What are the main differences, if any, of Python's argument passing rules vs C#'s argument passing rules?
I'm very familiar with Python and only starting to learn C#. I was wondering if I could think of the rule set as to when an object is passed by reference or by value the same for C# as it is in Python, or if there are some key differences I need to keep in mind.
C# passes parameters by value unless you specify that you want it differently. If the parameter type is a struct, its value is copied, otherwise the reference to the object is copied. The same goes for return values.
You can modify this behavior using the ref or out modifier, which must be specified both in the method declaration and in the method call. Both change the behavior for that parameter to pass-by-reference.
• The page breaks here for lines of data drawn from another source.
-- ===== src/SchemaComponents.antt =====
-- projects/schema-components/schema-components.service.ts. The answers of `findAllForProject` come in
-- the order of the table.
pub mod Permissions
mod Tests
use schematica_api.Access.{can_own_project, can_view_project}
use schematica_api.Common.{
  String, Bool, true, false, ◌&&◌, Option, none, some, List, [], ◌∷◌, any, ◌==◌, if◌then◌else◌,
  template,
}
use schematica_api.Database.{Database, PrismaService}
use schematica_api.Entities.{SchemaComponent}
use schematica_api.Events.{Event, Done, audit}
use schematica_api.Exceptions
use schematica_api.Exceptions.{Exception, Result, ok, throw, conflict, not_found, project_not_found}
use schematica_api.Guards.{require}
use schematica_api.Json.{Value}
use schematica_api.Prisma.Errors.{
  Try, fine, attempt, or_not_found, no_mappings, handle_prisma_error, try_catch, ◌>>=◌,
}
use schematica_api.Projects.{given_or, or_old}
use schematica_api.User.{UserDto}

pub record CreateSchemaComponentDto : Type 0 where
  pub name : String
  pub description : Option String
  pub schema : Value

pub record UpdateSchemaComponentDto : Type 0 where
  pub name : Option String
  pub description : Option String
  pub schema : Option Value

pub data RequiredAccess : Type 0 where
  as_viewer as_owner : RequiredAccess

-- `{ projectId_name: { projectId, name } }`
abbrev pub is_component : String → String → SchemaComponent → Bool
is_component project_id name c = c.project_id == project_id && c.name == name

abbrev pub name_taken : String → Exception
name_taken name = conflict (
    template
      ("A schema component with the name '" ∷ name ∷ "' already exists in this project." ∷ []))

abbrev pub no_component : String → Exception
no_component name =
    not_found
      (template ("Schema component with name '" ∷ name ∷ "' not found in this project." ∷ []))

abbrev pub updated_component :
    UpdateSchemaComponentDto → UserDto → SchemaComponent → SchemaComponent
updated_component dto actor c = record c {
  name = given_or dto.name c.name;
  description = or_old dto.description c.description;
  schema = given_or dto.schema c.schema;
  updated_by_id = actor.id;
}

module _ (client : PrismaService) where
  unfoldable pub verify_project_access :
      Database → String → UserDto → RequiredAccess → Result (Unit {0})
  verify_project_access db project_id actor as_owner =
      require (can_own_project db.grants client.project actor project_id)
        (project_not_found project_id)
  verify_project_access db project_id actor as_viewer =
      require (can_view_project db.grants client.project actor project_id)
        (project_not_found project_id)

  abbrev pub new_component : String → CreateSchemaComponentDto → UserDto → String → SchemaComponent
  new_component project_id dto actor new_id = record {
    id = new_id;
    name = dto.name;
    description = dto.description;
    schema = dto.schema;
    project_id = project_id;
    creator_id = actor.id;
    updated_by_id = actor.id;
  }

  unfoldable pub create :
      Database
      → String
      → CreateSchemaComponentDto
      → UserDto
      → String
      → Result (Done SchemaComponent)
  create db project_id dto actor new_id =
      Exceptions.◌>>◌ (verify_project_access db project_id actor as_owner) (
        try_catch
          (do
            components ← attempt (
                client.schema_component.create
                  (any (λ p. p.id == project_id) (db.grants).projects
                    && any (λ u. u.id == actor.id) db.users)
                  (new_component project_id dto actor new_id) db.schema_components)
            fine (record {
              db = record db { schema_components = components };
              events = audit actor "SCHEMA_COMPONENT_CREATED" new_id ∷ [];
              value = new_component project_id dto actor new_id;
            }))
          (λ e. handle_prisma_error e (record no_mappings { unique = some (name_taken dto.name) })))

  unfoldable pub find_all_for_project : Database → String → UserDto → Result (List SchemaComponent)
  find_all_for_project db project_id actor =
      Exceptions.◌>>◌ (verify_project_access db project_id actor as_viewer) (
        ok (
          client.schema_component.find_many (λ c. c.project_id == project_id) db.schema_components))

  unfoldable pub find_one_by_name : Database → String → String → UserDto → Result SchemaComponent
  find_one_by_name db project_id name actor =
      Exceptions.◌>>◌ (verify_project_access db project_id actor as_viewer) (
        try_catch
          (or_not_found (
            client.schema_component.find_first (is_component project_id name) db.schema_components))
          (λ e. handle_prisma_error e (record no_mappings { missing = some (no_component name) })))

  unfoldable pub update :
      Database
      → String
      → String
      → UpdateSchemaComponentDto
      → UserDto
      → Result (Done SchemaComponent)
  update db project_id name dto actor =
      Exceptions.◌>>◌ (verify_project_access db project_id actor as_owner) (
        try_catch
          (do
            written ← attempt (
                client.schema_component.update (any (λ u. u.id == actor.id) db.users)
                  (is_component project_id name) (updated_component dto actor) db.schema_components)
            fine (record {
              db = record db { schema_components = written.0 };
              events = audit actor "SCHEMA_COMPONENT_UPDATED" (written.1).id ∷ [];
              value = written.1;
            }))
          (λ e. handle_prisma_error e (record no_mappings {
            missing = some (no_component name);
            unique = some (name_taken (given_or dto.name name));
          })))

  unfoldable pub remove : Database → String → String → UserDto → Result (Done (Unit {0}))
  remove db project_id name actor =
      Exceptions.◌>>◌ (verify_project_access db project_id actor as_owner) (
        try_catch
          (do
            deleted ←
                attempt (
                  client.schema_component.delete (is_component project_id name)
                    db.schema_components)
            fine (record {
              db = record db { schema_components = deleted.0 };
              events = audit actor "SCHEMA_COMPONENT_DELETED" (deleted.1).id ∷ [];
              value = tt;
            }))
          (λ e. handle_prisma_error e (record no_mappings { missing = some (no_component name) })))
That means you can no longer pass in more complex expressions. The difference between ref and out is that when passing a variable to a ref parameter, it must have been initialized already, while a variable passed to an out parameter doesn't have to be initialized. In the method, the out parameter is treated as uninitialized variable and must be assigned a value before returning.
Python always uses pass by reference values. There is no exception. Any variable assignment means assigning the reference value. No exception. Any variable is the name bound to the reference value. Always.
You can think about reference as about the address of the target object that is automatically dereferenced when used. This way it seems you work directly with the target object. But there always is a reference in between, one step more to jump to the target.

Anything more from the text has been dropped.